- Born: January 21, 1970 United States
- Education: University of Missouri at St. Louis (MS), (PhD) Eckerd College (BA)
- Scientific career
- Fields: Ecology, ornithology
- Workplaces: Stony Brook University

= Catherine H. Graham =

American team leader and senior scientist

Catherine Helen Graham is an American ecologist and senior scientist who studies biodiversity, conservation biology, and species distribution. She works in the Biodiversity & Conservation Biology and Spatial Evolutionary Ecology research units at the Swiss Federal Institute for Forest, Snow and Landscape Research WSL. From 2003 to 2017 she was an Assistant, Associate, or Full Professor of Ecology and Evolution at the Stony Brook University, and since her appointment at the WSL in 2017 she has maintained adjunct status there. She received both her M.S. degree (1995) and her Ph.D. (2000) from the University of Missouri at St. Louis, and did post-doctoral training at the Jet Propulsion Laboratory and the University of California, Berkeley. She studies biogeography, conservation biology, and ecology. Catherine H. Graham is most noted for her analysis of statistical models to describe species' distributions (Species Distribution Modeling). This work, conducted with Jane Elith, helps researchers understand how human activities influence biodiversity and species distribution. Her paper on niche conservatism with John J. Wiens is also highly cited. They focused on how species' retention of ancestral traits may limit geographic range expansion. In many of her papers, she has sought to unite ecology and evolutionary biology to derive a better understanding of the processes driving species diversity patterns. In particular, she and Paul Fine laid out a framework for interpreting community assembly processes from a phylogenetic approach to quantifying beta diversity. Her research is important for predicting how ecosystems may respond to climate change and human impact.

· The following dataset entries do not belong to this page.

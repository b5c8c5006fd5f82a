-- ===== src/Remote/Sizes.antt =====
-- The connections of a file lead to servers that agree on its size.
use native.Mathlib.Decide.{ℕ_discrete}
use tazer.Base.{
  ℕ, zero, suc, ◌+◌, ◌≡◌, ◌≢◌, not, ◌&&◌, if◌then◌else◌, ◌==◌, List, [], ◌∷◌, count, arith, refl,
  ◌∙◌, ap, ==_ne,
}
use tazer.Remote.Connections.{push_connection}
use tazer.Remote.Conserve.{count-push}
use tazer.Remote.Servers.{
  Servers, Server, new_servers, answered_size, open_file, push_sockets, open_task, open_tasks,
}

module _ (socket_retry : ℕ) where
  -- The size that a server gives.
  abbrev pub size_of : Server → ℕ
  size_of s = answered_size socket_retry s.attempt 0

  -- The size that the pool settles on: that of the first server that gives one.
  abbrev pub first_size : ℕ → List Server → ℕ
  first_size n [] = n
  first_size n (s ∷ ss) = first_size (if n == 0 then size_of s else n) ss

  -- How many sockets connection `c` has on servers that give the size `n`.
  abbrev pub sockets : ℕ → ℕ → List Server → ℕ
  sockets n c [] = 0
  sockets n c (s ∷ ss) =
      (if (size_of s == n) && not (n == 0)
        then (if s.connection == c then s.num_sockets else 0)
        else 0)
      + sockets n c ss

  count-push_sockets :
      (c d n : ℕ) (q : List ℕ)
      → count c (push_sockets q d n) ≡ (if d == c then n else 0) + count c q
  unfolding push_sockets
  count-push_sockets c d zero q = ground arith
  count-push_sockets c d (suc n) q =
      ground (arith, count-push_sockets c d n (push_connection q d), count-push c d q)

  -- One task settles the size where it is open, and adds the sockets of a server that agrees.
  open_task-sockets :
      (p : Servers) (s : Server) (c : ℕ)
      → (let n : ℕ = if p.file_size == 0 then size_of s else p.file_size in
          let q : Servers = open_task socket_retry p s in
          (q.file_size ≡ n) × (count c q.mq ≡ sockets n c (s ∷ []) + count c p.mq))
  unfolding open_task open_file
  open_task-sockets p s c = ground (arith, count-push_sockets c s.connection s.num_sockets p.mq)

  first_size-settled : (n : ℕ) (ss : List Server) → n ≢ 0 → first_size n ss ≡ n
  first_size-settled n [] h = refl
  first_size-settled n (s ∷ ss) h = rw (==_ne n 0 h) (first_size-settled n ss h)

  -- A size of 0 settles nothing, and its server has no sockets for any other.
  sockets-one :
      (n : ℕ) (s : Server) (ss : List Server) (c : ℕ)
      → sockets (if n == 0 then size_of s else n) c (s ∷ [])
        ≡ sockets (first_size n (s ∷ ss)) c (s ∷ [])
  sockets-one n s ss c = elim (ℕ_discrete (if n == 0 then size_of s else n) 0) [
    | yes z ↦ ground (arith, z)
    | no d ↦ rw (first_size-settled (if n == 0 then size_of s else n) ss d) refl
  ]

  open_task-valid :
      (p : Servers) (s : Server)
      → p.valid_server ≡ not (p.file_size == 0)
      → (open_task socket_retry p s).valid_server
        ≡ not ((open_task socket_retry p s).file_size == 0)
  unfolding open_task open_file
  open_task-valid p s h = ground (arith, h)

  open_tasks-sockets :
      (ss : List Server) (p : Servers)
      → p.valid_server ≡ not (p.file_size == 0)
      → (let q : Servers = open_tasks socket_retry p ss in
          let n : ℕ = first_size p.file_size ss in
          (q.file_size ≡ n)
          × (q.valid_server ≡ not (n == 0))
          × ((c : ℕ) → count c q.mq ≡ sockets n c ss + count c p.mq))
  unfolding open_tasks
  open_tasks-sockets [] p h = (refl, h, λ c. omega arith)
  open_tasks-sockets (s ∷ ss) p h =
      let r = open_tasks-sockets ss (open_task socket_retry p s) (open_task-valid p s h) in
      let e = (open_task-sockets p s 0).0 in
      (
        r.0 ∙ ap (λ n. first_size n ss) e,
        r.1 ∙ ap (λ n. not (first_size n ss == 0)) e,
        λ c. omega (
          arith,
          r.2 c,
          ap (λ n. sockets (first_size n ss) c ss) e,
          (open_task-sockets p s c).1,
          sockets-one p.file_size s ss c,
        ),
      )

  -- When the threads of addOpenFileTask have ended, each as one step, in whatever order: the size
  -- of the file is the first size other than 0 that a server gave, the mark for a valid server is
  -- set exactly if there is one, and each connection is in the pool once for each of its sockets on
  -- a server that gave that size, and not at all for others.
  pub open_tasks-sizes :
      (ss : List Server)
      → (let q : Servers = open_tasks socket_retry new_servers ss in
          let n : ℕ = first_size 0 ss in
          (q.file_size ≡ n)
          × (q.valid_server ≡ not (n == 0))
          × ((c : ℕ) → count c q.mq ≡ sockets n c ss))
  open_tasks-sizes ss =
      let r = open_tasks-sockets ss new_servers refl in (r.0, r.1, λ c. omega (arith, r.2 c))
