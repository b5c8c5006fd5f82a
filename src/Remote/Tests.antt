-- ===== src/Remote/Tests.antt =====
-- A server with one file and a pool of three connections, on which the theorems of this component
-- are applied.
use tazer.Base.{
  ℕ, ◌+◌, ◌≤◌, ◌≡◌, ◌≢◌, ◌↔◌, ◌⊎◌, not, true, false, if◌then◌else◌, ◌==◌, List, [], ◌∷◌, ◌++◌,
  length, take, drop, count, Option, none, some, refl,
}
use tazer.Message.Bytes.{Buffer}
use tazer.Message.Transfer.{Connection}
use tazer.Remote.Request.{NetworkSetup, RemoteFile}
use tazer.Remote.Server.{ServeFile, poll_request, wire}
use tazer.Remote.Read.{Served, read_remote, retry_block}
use tazer.Remote.Connections.{pop_connection}
use tazer.Remote.Conserve.{read_remote-returns}
use tazer.Remote.Servers.{Servers, Server, new_servers, open_tasks}
use tazer.Remote.Sizes.{first_size, sockets, open_tasks-sizes}

abbrev junk : Buffer
junk _ = 7

abbrev file_name : List ℕ
file_name = 97 ∷ 98 ∷ []

abbrev setup : NetworkSetup
setup = record {
  socket_retry = 2;
  network_block_size = 16;
  fresh = junk;
  lz4_decompress = λ b n m. none;
}

abbrev remote_file : RemoteFile
remote_file = record { name = file_name; file_size = 20; compress = false }

abbrev serve_file : ServeFile
serve_file = record {
  name = file_name;
  comp_level = 0;
  num_blks = 2;
  output = false;
  block = λ i. i ∷ 5 ∷ 6 ∷ [];
}

abbrev files : List ℕ → Option ServeFile
files name = some serve_file

abbrev respond : List ℕ → List ℕ
respond xs = poll_request wire junk files [] xs

-- The bytes under way to the client; what it sends is answered at once.
abbrev to_server : Connection (List ℕ)
to_server = record {
  send_msg = λ q xs. (q ++ respond xs, some (length xs));
  recv_msg = λ q n. (drop n q, record { bytes = take n q; failed = false });
  restart_socket = λ q. (q, true);
  close_socket = λ q. q;
}

-- Requests succeed over connection 2 only.
abbrev second_only : ℕ → ℕ → ℕ × Option ℕ
second_only s c = (s + 1, if c == 2 then some 40 else none)

abbrev three : List ℕ
three = 1 ∷ 3 ∷ 2 ∷ []

read_remote-returns_example :
    (((e : Served ℕ ℕ) × (read_remote second_only (λ q. 0) 0 three ≡ some e))
      ↔ ((2 ≤ length three) ⊎ ((c : ℕ) × (three ≡ c ∷ []) × ((second_only 0 c).1 ≢ none))))
    × ((e : Served ℕ ℕ) (a : ℕ)
        → read_remote second_only (λ q. 0) 0 three ≡ some e
        → count a e.pool ≡ count a three)
read_remote-returns_example = read_remote-returns second_only (λ q. 0) 0 three

-- The third request succeeds, and the connections come back in the order of their use.
read_run :
    read_remote second_only (λ q. 0) 0 three
    ≡ some (record { state = 3; pool = 1 ∷ 3 ∷ 2 ∷ []; answer = some 40 })
unfolding read_remote retry_block pop_connection
read_run = refl

-- A server that never answers, and two of which one answers at the second attempt, with another size.
abbrev servers : List Server
servers =
    record { connection = 1; num_sockets = 2; attempt = λ i. none }
    ∷ record { connection = 2; num_sockets = 3; attempt = λ i. some 20 }
    ∷ record { connection = 3; num_sockets = 1; attempt = λ i. if i == 0 then none else some 30 }
    ∷ []

open_tasks-sizes_example :
    (let q : Servers = open_tasks 2 new_servers servers in
      let n : ℕ = first_size 2 0 servers in
      (q.file_size ≡ n)
      × (q.valid_server ≡ not (n == 0))
      × ((c : ℕ) → count c q.mq ≡ sockets 2 n c servers))
open_tasks-sizes_example = open_tasks-sizes 2 servers
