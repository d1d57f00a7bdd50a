-- ===== src/Query/Pages.antt =====
-- The rows that the pages of a query show.
use fluvius_py.Common.{
  ℕ, zero, suc, true, false, ◌+◌, ◌*◌, ◌≤◌, ◌<◌, ◌≡◌, refl, ap, ltb, Bool-cases, inl, inr, arith,
}
use fluvius_py.Common.Int.{pos}
use fluvius_py.Query.Manager.{offset_of}

-- The query of page `page` with a limit shows the row with index `i`.
abbrev pub Shows : ℕ → ℕ → ℕ → Type 0
Shows limit page i =
    (offset : ℕ) × (offset_of (pos page) (pos limit) ≡ pos offset)
    × (offset ≤ i)
    × (i < offset + limit)

pos_inj : {a b : ℕ} → pos a ≡ pos b → a ≡ b
pos_inj h = cc h

mul_le : (p q l : ℕ) → p < q → p * l + l ≤ q * l
mul_le p zero l h = absurd (omega (arith, h))
mul_le zero (suc q) l h = omega arith
mul_le (suc p) (suc q) l h = let ih = mul_le p q l (omega (arith, h)) in omega (arith, ih)

unique_page : (l i p q : ℕ) → p * l ≤ i → i < p * l + l → q * l ≤ i → i < q * l + l → p ≡ q
unique_page l i p q a b c d = ground (arith, mul_le p q l, mul_le q p l)

ltb-true : (a b : ℕ) → ltb a b ≡ true → a < b
ltb-true a b h = ground arith

ltb-false : (a b : ℕ) → ltb a b ≡ false → b ≤ a
ltb-false a b h = ground arith

some_page : (l i : ℕ) → 0 < l → (p : ℕ) × (p * l ≤ i) × (i < p * l + l)
some_page l zero h = (0, omega arith, omega arith)
some_page l (suc i) h =
    let (p, from, to) = some_page l i h in
    elim (Bool-cases (ltb (suc i) (p * l + l))) [
      | inl same ↦ (p, omega (arith, from), ltb-true (suc i) (p * l + l) same)
      | inr next ↦ (suc p, omega (arith, ltb-false (suc i) (p * l + l) next), omega (arith, to, h))
    ]

-- With a positive limit, every row is on exactly one of the pages from 1 on.
pub pages-cover :
    (limit i : ℕ)
    → 0 < limit
    → (page : ℕ) × (1 ≤ page)
      × Shows limit page i
      × ((other : ℕ) → 1 ≤ other → Shows limit other i → other ≡ page)
pages-cover limit i positive =
    let (p, from, to) = some_page limit i positive in
    (
      suc p,
      omega arith,
      (p * limit, refl, from, to),
      λ other first shown. only p from to other first shown,
    )
  where
    only :
        (p : ℕ)
        → p * limit ≤ i
        → i < p * limit + limit
        → (other : ℕ) → 1 ≤ other
        → Shows limit other i
        → other ≡ suc p
    only p from to zero first shown = absurd (omega (arith, first))
    only p from to (suc q) first (offset, same, low, high) =
        let at = pos_inj same in
        ap suc (unique_page limit i q p (omega (arith, at, low)) (omega (arith, at, high)) from to)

==Honors and professional contributions==

Graham was named in the 2014 Thomson Reuters Highly Cited Researchers in the Environment/Ecology category, awarded to researchers for having an exceptional impact by ranking in the top 1% most cited researchers in their field of study.

Her 2006 paper with Jane Elith and others on novel methods to improve prediction of species' distributions from occurrence data, by mid-2014, had been cited about 3,000 times (Google Scholar citations July 31, 2014).

== Selected publications ==

- Elith, J., Graham, C.H., Anderson, R.P., Dudík, M., Ferrier, S., Guisan, A., Hijmans, R.J., Huettmann, F., Leathwick, J.R., Lehmann, A., Li, J., Lohmann, L.G., Loiselle, B.A., Manion, G., Moritz, C., Nakamura, M., Nakazawa, Y., Overton, J.M., Peterson, A.T., Phillips, S.J., Richardson, K.S., Scachetti-Pereira, R., Schapire, R.E., Soberón, J., Williams, S., Wisz, M.S. & Zimmermann, N.E. (2006) Novel methods improve prediction of species' distributions from occurrence data. Ecography, 29, 129–151.
- Wiens J.J. and C.H. Graham. (2005) Niche conservatism: integrating evolution, ecology, and conservation biology. Annual Review of Ecology, Evolution and Systematics, 36: 519–539.
- Graham, C.H., S. Ferrier, F. Huettman, C. Moritz and A.T. Peterson. 2004. "New developments in museum-based informatics and application in biodiversity analysis". Trends in Ecology and Evolution 19: 497–503.
- Graham, C.H., S.R. Ron, J.C. Santos, C.J. Schneider and C. Moritz. 2004. "Integrating phylogenetics and environmental niche models to explore speciation mechanisms in Dendrobatid frogs". Evolution 58: 1781–1793.
- Graham, C. H., & Fine, P. V. a. 2008. Phylogenetic beta diversity: linking ecological and evolutionary processes across space in time. Ecology Letters 11(12):1265–77.
- Graham, C. H., Parra, J. L., Rahbek, C., & McGuire, J. a. 2009. Phylogenetic structure in tropical hummingbird communities. Proceedings of the National Academy of Sciences of the United States of America 106 Suppl:19673–8.
- Graham, C.H., C. Moritz and S.E. Williams. 2006. Habitat history improves prediction of biodiversity in a rainforest fauna. Proceedings of the National Academy of Sciences, 103: 632–636.